Task instructions: Where a line holds the word "antt", copy that line from the data below.

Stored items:
"""

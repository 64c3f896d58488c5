-- ===== src/Examples.antt =====
-- Concrete inputs: a world whose ports answer, an operation, and the theorems at these.
mod Fixtures
mod Lifecycle
mod Queue
mod Worker
mod Recovery
mod Operations
mod Gpus
mod Reconciled
pub mod Keys
mod Commands
mod Scopes
mod Journals
mod Policies
mod Quantities
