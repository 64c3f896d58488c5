-- ===== src/Examples/Commands.antt =====
-- Commands on a database with one running service.
use ani_inference_service.Command.Repeats.{AnswersAgain, command-AnswersAgain}
use ani_inference_service.Command.Outcome.{accept-Accepted}
use ani_inference_service.Command.Fence.{command-fenced}
use ani_inference_service.Work.Table.{Service}
use ani_inference_service.Operation.Store.{OperationRow}
use ani_inference_service.Command.Results.{Outcome, command-Outcome}
use ani_inference_service.Command.Model.{
  Draw, Environment, CommandInput, OperationResponse, command_response, no_rows,
  generation_conflict,
}
use ani_inference_service.Command.Database.{Database}
use ani_inference_service.Command.Accept.{command, accept}
use ani_inference_service.Prelude.{pos, [], refl, some, err, ◌≡◌, none, ◌∷◌, false}
use ani_inference_service.Operation.{
  create, restart, stop, complete, succeeded, withdraw_publication,
}

abbrev running_service : Service
running_service = record {
  tenant_id = "t1";
  id = "s1";
  desired_state = "running";
  desired_generation = 1;
  deleted = false;
  current_operation_id = "o1";
}

abbrev first_operation : OperationRow
first_operation = record {
  tenant_id = "t1";
  id = "o1";
  service_id = "s1";
  kind = create;
  target_generation = 1;
  phase = succeeded;
  step = complete;
  attempt = 0;
  retry_at = none;
  completed_at = some 5;
  error_code = "";
  error_message = "";
  updated_at = 5;
}

abbrev database : Database
database = record {
  tables = record { services = running_service ∷ []; work = [] };
  operations = first_operation ∷ [];
  specs =
      record {
        tenant_id = "t1";
        id = "p1";
        service_id = "s1";
        generation = 1;
        resources = "{}";
        content = "vllm";
      }
      ∷ [];
  idempotency = [];
  managed = [];
  reservations = [];
  audits = [];
}

abbrev environment : Environment
environment = record {
  parse_uuid = λ s. some s;
  legacy_hash = λ request service generation actor. "legacy";
  accept_managed_delete = λ i d. err no_rows;
}

abbrev drawing : Draw
drawing = record { now = 9; operation_id = "o2"; spec_id = "p2"; event_id = "e2" }

abbrev redrawing : Draw
redrawing = record { now = 11; operation_id = "o3"; spec_id = "p3"; event_id = "e3" }

abbrev restart_request : CommandInput
restart_request = record {
  tenant_id = "t1";
  request_id = "r1";
  actor = "u1";
  service_id = "s1";
  kind = restart;
  request_hash = "h1";
  expected_generation = pos 1;
  managed = false;
}

abbrev stop_request : CommandInput
stop_request = record restart_request { request_id = "r2"; kind = stop; request_hash = "h2" }

abbrev restarted : Database
unfolding command
restarted = (command environment drawing restart_request database).1

abbrev restart_answer : OperationResponse
restart_answer = command_response "s1" "o2" 2 restart withdraw_publication

command-Outcome_example :
    Outcome environment drawing restart_request database
      (command environment drawing restart_request database).0
      (command environment drawing restart_request database).1
command-Outcome_example = command-Outcome environment drawing restart_request database refl

command-AnswersAgain_example :
    AnswersAgain environment restart_request redrawing restart_answer restarted
unfolding command restarted
command-AnswersAgain_example =
    command-AnswersAgain environment restart_request drawing redrawing database restart_answer
      restarted refl refl refl

command-fenced_example :
    command environment redrawing stop_request restarted ≡ (err generation_conflict, restarted)
unfolding accept restarted
command-fenced_example =
    command-fenced environment "t1" "s1" stop_request drawing redrawing restart_request database
      restart_answer restarted
      (accept-Accepted environment drawing "t1" "s1" restart_request database restart_answer
        restarted refl)
      refl refl refl
      (record { tenant_parsed = refl; service_parsed = refl; aimed = refl; known = refl }) refl refl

"""

Solution to the problem:
-- ===== src/Examples.antt =====
-- ===== src/Examples/Commands.antt =====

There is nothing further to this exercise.